ThrashedThrasher
03-04-2005, 10:21 PM
Okay, this is a story I had to write for my Honors English class, I'm bored and I'd thought I'd share it with you all. It probably sucks cause I did it last minute and yeah anyways....
Until The Day I Die…
It was the beginning of September and Pat was a senior at Temple High School in Temple, Texas. During football season Pat seemed like your ordinary 17 year old guy but out of football season he was one of the biggest freaks on campus. Most people only liked him because he happened to have made captain of the football team, but other than that, people kept their distance from Pat. The intelligent kids at Temple High portrayed Pat as a very interesting, quirky guy. When he wasn’t suited up for football Pat was dressed in the best traditional and cyber goth garb. He lived up to his image too. Pat was a very calm, almost sedated kind of guy. He rarely spoke up in class and he ran around with one other dude, not really the kind of person you’d think Pat would be friends with. The guy’s name was Iain. He was a scruffy 19 year old, old school British punk. Iain was beyond hyper 24/7 and he always had one thing on his mind, girls. Pat laughed to himself whenever he thought about what Iain was thinking about. Of course, Pat knew. Iain was also quite the short tempered kind of guy. One time Pat accidentally said Lain rather than Iain out loud while reading a note and Iain stepped up to Pat and screamed like a little girl,
“MY FUCKING NAME IS NOT LAIN! IT IS IAIN, YOU GET THAT? IT’S LIKE IAN, YOU KNOW, I-A-N BUT WITH AN EXTRA ‘I’ BETWEEN THE ‘A’ AND ‘N’!!!! YOU FUCKING FUCKHEAD!!”
That one little mistake made Pat laugh hysterically. Not because Iain flipped out about such a simple mistake but because Iain was about 5’3” tall at 135lbs compared to a 6’8” at 210lbs guy like Pat.
The first couple of months of school went by quite slowly for Pat. It was November 12th, Pat’s 18th birthday. Iain made every attempt to cheer Pat up but he finally gave up and let Pat be his depressed self.
“You know what Iain, I’m so fucking sick and tired of all of this.”
“What do you mean?” questioned Iain being smart about it.
“You know what I mean. This sucks; everyone around me has someone to be with except me. Fuck, even you!” Iain having a girlfriend was highly surprising to Pat considering the fact that Iain was such a pervert.
“I don’t see why you don’t just go ask that one chick you’ve been jerkin’ off over for the past year out,” mumbled Iain.
“You know damn well why!” shouted Pat.
“Oh come on don’t tell me you’re still stuck in the past.

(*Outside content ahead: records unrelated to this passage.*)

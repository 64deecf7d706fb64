-- ===== src/TimeZone.antt =====
-- base/TimeZone.h and base/TimeZone.cc: seconds since 1970 against dates with a time of the day, and
-- the local time that a time zone has at a moment. `none` is an assert that fails, an element behind
-- the end of a vector, or a result that an int of 32 bits does not hold; an int64_t has no bounds. The files of
-- time zones, their abbreviations and the text of a time are not modelled.
mod SplitDay
mod UtcTime
mod Transitions
mod Tests
use libanet.Common.{
  ℕ, zero, suc, ◌+◌, ◌-◌, ◌*◌, ◌/◌, ◌%◌, Bool, true, false, not, ◌&&◌, Option, none, some, List, [],
  ◌∷◌, ◌++◌, length, get_elem?, ltb, leb, ◌==◌, if◌then◌else◌,
}
use libanet.Common.Ints.{is_int, all_ints, narrow_int}
use libanet.Common.Int.{ℤ, pos, negsuc, ◌+ℤ◌, ◌-ℤ◌, ◌*ℤ◌, ◌/ℤ◌, ◌%ℤ◌, ltb_ℤ, pos_part}
use libanet.Common.Options.{◌>>=◌, ◌>>◌, check}
use libanet.Date.{Date, YearMonthDay, date, year_month_day, julian_day_of_1970_01_01}

abbrev pub seconds_per_day : ℕ
seconds_per_day = 86400

pub record DateTime : Type 0 where
  pub year : ℤ
  pub month : ℤ
  pub day : ℤ
  pub hour : ℤ
  pub minute : ℤ
  pub second : ℤ

-- What fillHMS writes into a DateTime. The seconds are unsigned.
pub record Hms : Type 0 where
  pub hour : ℕ
  pub minute : ℕ
  pub second : ℕ

unfoldable pub fill_hms : ℕ → Hms
fill_hms seconds = record {
  hour = seconds / 60 / 60;
  minute = seconds / 60 % 60;
  second = seconds % 60;
}

-- The days and the seconds of BreakTime, after its correction for a time before 1970.
unfoldable pub split_day : ℤ → Option (ℤ × ℤ)
split_day t =
    let seconds = t %ℤ seconds_per_day in
    let days = narrow_int (t /ℤ seconds_per_day) in
    if ltb_ℤ seconds (pos 0)
    then (check (is_int (days -ℤ pos 1)) >> some (days -ℤ pos 1, seconds +ℤ pos seconds_per_day))
    else some (days, seconds)

-- detail::BreakTime. The seconds that are passed on are not negative.
unfoldable pub break_time : ℤ → Option DateTime
unfolding split_day fill_hms
break_time t = do
  parts ← split_day t
  let hms = fill_hms (pos_part parts.1)
  check (is_int (parts.0 +ℤ julian_day_of_1970_01_01))
  ymd ← year_month_day (record { julian_day_number = parts.0 +ℤ julian_day_of_1970_01_01 })
  some (record {
    year = ymd.year;
    month = ymd.month;
    day = ymd.day;
    hour = pos hms.hour;
    minute = pos hms.minute;
    second = pos hms.second;
  })

unfoldable pub to_utc_time : ℤ → Option DateTime
unfolding break_time
to_utc_time seconds_since_epoch = break_time seconds_since_epoch

unfoldable pub from_utc_time : DateTime → Option ℤ
from_utc_time dt = do
  day ← date dt.year dt.month dt.day
  let hours = dt.hour *ℤ pos 3600
  let minutes = dt.minute *ℤ pos 60
  let seconds_in_day = hours +ℤ minutes +ℤ dt.second
  check (all_ints (hours ∷ minutes ∷ (hours +ℤ minutes) ∷ seconds_in_day ∷ []))
  let days = day.julian_day_number -ℤ julian_day_of_1970_01_01
  check (is_int days)
  some (days *ℤ pos seconds_per_day +ℤ seconds_in_day)

pub record Transition : Type 0 where
  pub utc_time : ℤ
  pub local_time : ℤ
  pub local_time_idx : ℕ

pub record LocalTime : Type 0 where
  pub utc_offset : ℤ
  pub is_dst : Bool
  pub desig_idx : ℕ

-- TimeZone::Data
pub record Data : Type 0 where
  pub transitions : List Transition
  pub local_times : List LocalTime

unfoldable pub add_local_time : Data → ℤ → Bool → ℕ → Data
add_local_time d utc_offset is_dst desig_idx =
    let lt : LocalTime = record {
      utc_offset = utc_offset;
      is_dst = is_dst;
      desig_idx = desig_idx;
    } in
    record d { local_times = d.local_times ++ (lt ∷ []) }

unfoldable pub add_transition : Data → ℤ → ℕ → Option Data
add_transition d utc_time local_time_idx = do
  lt ← get_elem? d.local_times local_time_idx
  let tr : Transition = record {
    utc_time = utc_time;
    local_time = utc_time +ℤ lt.utc_offset;
    local_time_idx = local_time_idx;
  }
  some (record d { transitions = d.transitions ++ (tr ∷ []) })

-- TimeZone(int, const char *)
unfoldable pub fixed_zone : ℤ → Data
unfolding add_local_time
fixed_zone east_of_utc =
    add_local_time (record { transitions = []; local_times = [] }) east_of_utc false 0

unfoldable pub utc : Data
unfolding fixed_zone
utc = fixed_zone (pos 0)

-- std::upper_bound with CompareUtcTime, on transitions that are sorted by their UTC time, as the
-- standard requires: how many of them are no later. On others the standard leaves the result open.
unfoldable pub upper_bound : ℤ → List Transition → ℕ
upper_bound t [] = 0
upper_bound t (x ∷ xs) = let rest = upper_bound t xs in if ltb_ℤ t x.utc_time then 0 else suc rest

-- The local time of the transition at an index.
unfoldable pub local_time_at : Data → ℕ → Option LocalTime
local_time_at d i = get_elem? d.transitions i >>= λ tr. get_elem? d.local_times tr.local_time_idx

-- Before the first of the transitions, by the time that is compared.
unfoldable pub is_before_all : (Transition → ℤ) → ℤ → List Transition → Bool
is_before_all time t [] = true
is_before_all time t (x ∷ xs) = ltb_ℤ t (time x)

-- findLocalTime(int64_t)
unfoldable pub find_local_time : Data → ℤ → Option LocalTime
find_local_time d t =
    if is_before_all (λ tr. tr.utc_time) t d.transitions
    then get_elem? d.local_times 0
    else (let k = upper_bound t d.transitions in
        check (not (k == 0))
        >> (if ltb k (length d.transitions)
            then local_time_at d (k - 1)
            else local_time_at d (length d.transitions - 1)))

-- toLocalTime, and the offset that it hands out
unfoldable pub to_local_time : Data → ℤ → Option (DateTime × ℤ)
unfolding find_local_time break_time
to_local_time d seconds = do
  local ← find_local_time d seconds
  local_time ← break_time (seconds +ℤ local.utc_offset)
  some (local_time, local.utc_offset)

-- The last second of the local time that holds before a transition.
unfoldable pub prior_second : Data → ℤ → ℕ → Option ℤ
prior_second d utc_time prior_idx = do
  lt ← get_elem? d.local_times prior_idx
  some (utc_time -ℤ pos 1 +ℤ lt.utc_offset)

abbrev pub pick : Bool → ℕ → ℕ → ℕ
pick post_transition after before = if post_transition then after else before

-- findLocalTime(const DateTime &, bool), from the transition of index `k` that upper_bound found:
-- the step back to the one before it.
unfoldable pub find_before : Data → ℤ → Bool → ℕ → ℤ → ℕ → Option LocalTime
unfolding prior_second
find_before d local_time post k earlier prior_idx = do
  tr ← get_elem? d.transitions (k - 1)
  let at_first = k - 1 == 0
  prior ←
      (if at_first
        then some prior_idx
        else get_elem? d.transitions (k - 2) >>= λ x. some x.local_time_idx)
  second ← (if at_first then some earlier else prior_second d tr.utc_time prior)
  get_elem? d.local_times
      (if ltb_ℤ second local_time then tr.local_time_idx else pick post tr.local_time_idx prior)

unfoldable pub find_between : Data → ℤ → Bool → ℕ → Option LocalTime
unfolding prior_second find_before
find_between d local_time post k = do
  tr ← get_elem? d.transitions k
  prior ← get_elem? d.transitions (k - 1)
  second ← prior_second d tr.utc_time prior.local_time_idx
  let back = find_before d local_time post k second prior.local_time_idx
  (if ltb_ℤ second local_time
      then get_elem? d.local_times (pick post tr.local_time_idx prior.local_time_idx)
      else back)

-- The sentry has 0 for its UTC time, by which CompareUtcTime compares.
unfoldable pub find_local_time_of : Data → DateTime → Bool → Option LocalTime
unfolding find_between from_utc_time
find_local_time_of d lt post = do
  local_time ← from_utc_time lt
  let k = upper_bound (pos 0) d.transitions
  let between = find_between d local_time post k
  (if is_before_all (λ tr. tr.local_time) local_time d.transitions
      then get_elem? d.local_times 0
      else (check (not (k == 0))
          >> (if k == length d.transitions
              then local_time_at d (length d.transitions - 1)
              else between)))

unfoldable pub from_local_time : Data → DateTime → Bool → Option ℤ
unfolding find_local_time_of from_utc_time
from_local_time d local_time post = do
  local ← find_local_time_of d local_time post
  local_seconds ← from_utc_time local_time
  some (local_seconds -ℤ local.utc_offset)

That was three years ago dude, plus, Rayne was a shallow bitch for leaving you.”
Three years ago Pat was waiting for his buddy to take him home when their car got t-boned in a four-way intersection by a drunk driver. The accident had left Pat with a scar down the right side of his face which is why his girlfriend left him. She said she couldn’t stand being seen with someone with such a hideous imperfection. Other than the scar though, Pat was just absolutely gorgeous, almost perfect.
“Let’s just drop the subject I’m late for my appointment,” snapped Pat.
“You’re going to get the D-Rings replaced huh?” Iain replied while doing a line.
“Yeah, the skin has healed pretty well so I think I can put them back in.”
After the car accident Pat formed a new kind of obsession known as suspensions. Pat once tried to describe the feeling of “weightlessness” to Iain but Iain just cringed at the thought of having metal hooks or permanent D-rings implanted into your back. About 6 months ago Pat got into a very violent fight with some local Skins and had 3 of 6 rings ripped out. Not only was Pat into suspensions but he also loved piercings and brandings. Pat’s 25 piercings and two heart shaped brandings on his chest made up for his facial imperfection to people much like your Humble Narrator.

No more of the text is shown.